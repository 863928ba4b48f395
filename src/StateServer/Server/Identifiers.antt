-- ===== src/StateServer/Server/Identifiers.antt =====
-- The objects of src/stateserver/state_server.cpp by their identifiers.
use ardos.Prelude.{
  ℕ, ◌≡◌, refl, sym, subst, ◌∙◌, false, ◌||◌, none, some, List, [], ◌∷◌, arith, ◌==◌, if◌then◌else◌,
  ◌⊎◌, Bool-cases, inl, inr,
}
use ardos.Prelude.Sets.{mem}
use ardos.StateServer.DistributedObject.{DistributedObject}
use ardos.StateServer.Server.{Objects, find_object, put_object, erase_object}

abbrev pub identifiers : Objects → List ℕ
identifiers [] = []
identifiers ((j, o) ∷ os) = j ∷ identifiers os

-- Every object stands once, under its own identifier.
abbrev pub AreConsistent : Objects → Type 0
AreConsistent [] = Unit {0}
AreConsistent ((j, o) ∷ os) = (mem j (identifiers os) ≡ false) × ((o.do_id ≡ j) × AreConsistent os)

pub mem-identifiers-put :
    (x k : ℕ) (o : DistributedObject) (os : Objects)
    → mem x (identifiers (put_object k o os)) ≡ (x == k) || mem x (identifiers os)
mem-identifiers-put x k o [] = refl
mem-identifiers-put x k o ((j, p) ∷ os) = elim (Bool-cases (k == j)) [
  | inl e ↦ rw e (ground arith)
  | inr e ↦ rw (e, mem-identifiers-put x k o os) (ground arith)
]

pub put-AreConsistent :
    (k : ℕ) (o : DistributedObject) (os : Objects)
    → o.do_id ≡ k
    → AreConsistent os
    → AreConsistent (put_object k o os)
put-AreConsistent k o [] h a = (refl, (h, tt))
put-AreConsistent k o ((j, p) ∷ os) h (new, (same, a)) = elim (Bool-cases (k == j)) [
  | inl e ↦
      let eq : k ≡ j = ground arith in
      rw e (subst (λ n. mem n (identifiers os) ≡ false) (sym eq) new, (h, a))
  | inr e ↦ rw e (mem-identifiers-put j k o os ∙ ground arith, (same, put-AreConsistent k o os h a))
]

absent-erase :
    (x k : ℕ) (os : Objects)
    → mem x (identifiers os) ≡ false
    → mem x (identifiers (erase_object k os)) ≡ false
absent-erase x k [] h = refl
absent-erase x k ((j, o) ∷ os) h = elim (Bool-cases (k == j)) [
  | inl e ↦ rw e (absent-erase x k os (ground arith))
  | inr e ↦ rw (e, absent-erase x k os (ground arith)) (ground arith)
]

pub erase-AreConsistent :
    (k : ℕ) (os : Objects) → AreConsistent os → AreConsistent (erase_object k os)
erase-AreConsistent k [] a = tt
erase-AreConsistent k ((j, o) ∷ os) (new, (same, a)) = elim (Bool-cases (k == j)) [
  | inl e ↦ rw e (erase-AreConsistent k os a)
  | inr e ↦ rw e (absent-erase j k os new, (same, erase-AreConsistent k os a))
]

pub find-put :
    (x k : ℕ) (o : DistributedObject) (os : Objects)
    → find_object x (put_object k o os) ≡ (if x == k then some o else find_object x os)
find-put x k o [] = refl
find-put x k o ((j, p) ∷ os) = elim (Bool-cases (k == j)) [
  | inl e ↦ let eq : k ≡ j = ground arith in rw eq (ground arith)
  | inr e ↦ rw (e, find-put x k o os) (ground arith)
]

pub find-erase :
    (x k : ℕ) (os : Objects)
    → find_object x (erase_object k os) ≡ (if x == k then none else find_object x os)
find-erase x k [] = ground arith
find-erase x k ((j, p) ∷ os) = elim (Bool-cases (k == j)) [
  | inl e ↦ let eq : k ≡ j = ground arith in rw (e, find-erase x k os) (ground arith)
  | inr e ↦ rw (e, find-erase x k os) (ground arith)
]

-- Nothing is lost or replaced from one map of objects to the other, and what is new stands under its own
-- identifier.
abbrev pub OnlyAdds : Objects → Objects → Type 0
OnlyAdds before after =
    (x : ℕ)
    → (find_object x after ≡ find_object x before)
      ⊎ ((find_object x before ≡ none)
          × ((o : DistributedObject) × ((find_object x after ≡ some o) × (o.do_id ≡ x))))

-- What a step of the server may do to its objects.
pub record IsOrderly (before after : Objects) : Type 0 where
  pub consistent : AreConsistent before → AreConsistent after
  pub adds : OnlyAdds before after

pub IsOrderly-refl : (os : Objects) → IsOrderly os os
IsOrderly-refl os = record { consistent = λ a. a; adds = λ x. inl refl }

pub IsOrderly-trans : {a b c : Objects} → IsOrderly a b → IsOrderly b c → IsOrderly a c
IsOrderly-trans {a} {b} {c} f g = record {
  consistent = λ x. g.consistent (f.consistent x);
  adds = λ x. elim (g.adds x) [
    | inl same ↦ elim (f.adds x) [
      | inl was ↦ inl (same ∙ was)
      | inr (new, (o, (at, own))) ↦ inr (new, (o, (same ∙ at, own)))
    ]
    | inr (new, rest) ↦ elim (f.adds x) [
      | inl was ↦ inr (sym was ∙ new, rest)
      | inr (_, (o, (at, own))) ↦ absurd (cc (sym new ∙ at))
    ]
  ];
}

pub put-IsOrderly :
    (k : ℕ) (o : DistributedObject) (os : Objects)
    → o.do_id ≡ k
    → find_object k os ≡ none
    → IsOrderly os (put_object k o os)
put-IsOrderly k o os own new = record {
  consistent = put-AreConsistent k o os own;
  adds = λ x. elim (Bool-cases (x == k)) [
    | inl e ↦
        let eq : x ≡ k = ground arith in
        rw (find-put x k o os, e) (inr (rw eq new, (o, (refl, own ∙ sym eq))))
    | inr e ↦ inl (rw (find-put x k o os, e) refl)
  ];
}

--------------------------------------------------

◆ Goal of the exercise ◆
Wherever the string "false" appears in a line of the records, copy that line.

◆ Output of the task ◆
  ℕ, ◌≡◌, refl, sym, subst, ◌∙◌, false, ◌||◌, none, some, List, [], ◌∷◌, arith, ◌==◌, if◌then◌else◌,
AreConsistent ((j, o) ∷ os) = (mem j (identifiers os) ≡ false) × ((o.do_id ≡ j) × AreConsistent os)
      rw e (subst (λ n. mem n (identifiers os) ≡ false) (sym eq) new, (h, a))
    → mem x (identifiers os) ≡ false
    → mem x (identifiers (erase_object k os)) ≡ false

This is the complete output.